Poisson regession

Francisco Bischoff

2021-05-09

1 Poisson distribution

When a dataset has a time-series that is originated from count data (\(y \in \mathbb{N}_0\)) instead of a general measurements (\(y \in \mathbb{R}\)), this time-series may follow the Poisson distribution (read the assumptions below), and may be analyzed with more specific mathematical tools.

1.1 Assumptions and validity

The Poisson distribution is an appropriate model if the following assumptions are true:

\(y\) is the number of times an event occurs in a given interval and \(y\) can take values \(0, 1, 2, ...\) (non-negative integers);
The occurrence of one event does not affect the probability that a second event will occur. That is, events occur independently.
The average rate at which events occur is independent of any occurrences. For simplicity, this is usually assumed to be constant, but may in practice vary with time.
Two events cannot occur at exactly the same instant; instead, at each very small sub-interval exactly one event either occurs or does not occur¹.

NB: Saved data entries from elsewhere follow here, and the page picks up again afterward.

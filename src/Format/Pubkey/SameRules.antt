-- ===== src/Format/Pubkey/SameRules.antt =====
-- Rules for comparing two values by their encodings.
use rust_osshkeys.Prelude.{
  ◌≡◌, ◌↔◌, ◌∙◌, refl, sym, ap, Bytes, Bool, true, false, ◌&&◌, ok, err, panic, Outcome,
  if◌then◌else◌,
}
use rust_osshkeys.Error.{OsshResult}
use rust_osshkeys.Keys.Ecdsa.{EcCurve, nistp256, nistp384, nistp521, curve_eq}
use rust_osshkeys.Keys.Equality.{unwrap}

pub both : (a b : Bool) → (a && b) ≡ true → (a ≡ true) × (b ≡ true)
both true b h = (refl, h)
both false b h = cc

pub both_true : (a b : Bool) → a ≡ true → b ≡ true → (a && b) ≡ true
both_true a b ha hb = rw (ha, hb) refl

pub curve_eq_iff : (a b : EcCurve) → (curve_eq a b ≡ true) ↔ (a ≡ b)
unfolding curve_eq
curve_eq_iff nistp256 nistp256 = (λ h. refl, λ h. refl)
curve_eq_iff nistp384 nistp384 = (λ h. refl, λ h. refl)
curve_eq_iff nistp521 nistp521 = (λ h. refl, λ h. refl)
curve_eq_iff nistp256 nistp384 = (λ h. cc, λ h. cc)
curve_eq_iff nistp256 nistp521 = (λ h. cc, λ h. cc)
curve_eq_iff nistp384 nistp256 = (λ h. cc, λ h. cc)
curve_eq_iff nistp384 nistp521 = (λ h. cc, λ h. cc)
curve_eq_iff nistp521 nistp256 = (λ h. cc, λ h. cc)
curve_eq_iff nistp521 nistp384 = (λ h. cc, λ h. cc)

pub unwrap-eq-ok : (m : Outcome Unit Bool) {b : Bool} → unwrap m ≡ ok b → m ≡ ok b
unwrap-eq-ok (ok a) h = cc
unwrap-eq-ok (err e) h = cc
unwrap-eq-ok panic h = cc

-- Two calls that return the same bytes, which are decoded to two values.
pub same_decoded :
    {A : Type 0} (decode : Bytes → OsshResult A) (x y : Bytes) (a b : A) {p q : OsshResult Bytes}
    → p ≡ ok x
    → q ≡ ok y
    → decode x ≡ ok a
    → decode y ≡ ok b
    → p ≡ q
    → a ≡ b
same_decoded {A = A} decode x y a b hp hq ha hb h =
    let same : x ≡ y = cc in
    let all : ◌≡◌ {A = OsshResult A} (ok a) (ok b) = sym ha ∙ ap decode same ∙ hb in cc

pub ok_true : (x : Bool) → ◌≡◌ {A = OsshResult Bool} (ok x) (ok true) → x ≡ true
ok_true x h = cc

pub if-eq-true :
    (c : Bool) (m : OsshResult Bool)
    → (if c then m else ok false) ≡ ok true
    → (c ≡ true) × (m ≡ ok true)
if-eq-true true m h = (refl, h)
if-eq-true false m h = cc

So, mathematically the probability of \(y\) events where the average of events in a given interval is \(\mu\):

\[ P(Y = y; \mu) = \frac{\mu^y \times e^{-\mu}}{y!}, \qquad \text{for} \; y \in \mathbb{N}_{0} \tag{equation 1} \]

in R we can use:

pois_prob <- function(y, mu) {
  ((mu^y) * exp(-mu)) / factorial(y)
}

or just

dpois(y, mu)

1.2 Parameter estimation

The Poisson distribution is also known by its unique parameter \(\lambda\) that is equal to the mean and to the variance of the distribution. If the variance is larger than the mean, we say the distribution is “overdispersed,” in which case we have to first search for one explanation for that, as confounders (if all seems to be right, as last resource we can use the quasi-Poisson family or a negative binomial distribution – equivalent to gamma-Poisson – instead).

Given a sample of \(n\) measured values \(y_{i} \in \{0,1,...\} \; \mathrm{for} \; i = 1, ..., n\), we wish to estimate the value of the parameter \(\lambda\) of the Poisson population from which the sample was drawn.

The maximum likelihood estimate is:

\[ \widehat{\lambda}_{\mathrm{MLE}}=\frac{1}{n}\sum_{i=1}^{n}y_{i} \]

Or simply, \(\lambda\) equals to the sample mean. This makes the sample mean an unbiased estimator of \(\lambda\), since each observation has the expectation \(\lambda\) (as does the sample mean).

2 Poisson regression

The goal of Poisson regression is to fit \(E(Y)\) (the expectation of the events) as a function of \(\lambda\) , of a set of \(X\) independent variables \(x_1, x_2, \dots, x_k\), and \(\beta\) regression parameters, and the intercept \(\alpha\).

2.1 The regression model

Poisson regression is a generalized linear model form of regression analysis. So it is tied to what we call a link function that allows us to “map” the linear model to its predicted value, more precisely with the mean of the distribution function. We may recall that the mean equals to \(\lambda\); and the link function here is the natural logarithm:

\[ \begin{aligned} \lambda := E(Y\mid X) &= link^{-1}(\alpha + \beta X), \qquad \text{for} \; \alpha \in \mathbb{R} \; \text{and} \; \beta \in \mathbb{R}^n \\ &= \log^{-1}(\alpha + \beta X) \\ &= e^{\alpha + \beta X} \end{aligned} \]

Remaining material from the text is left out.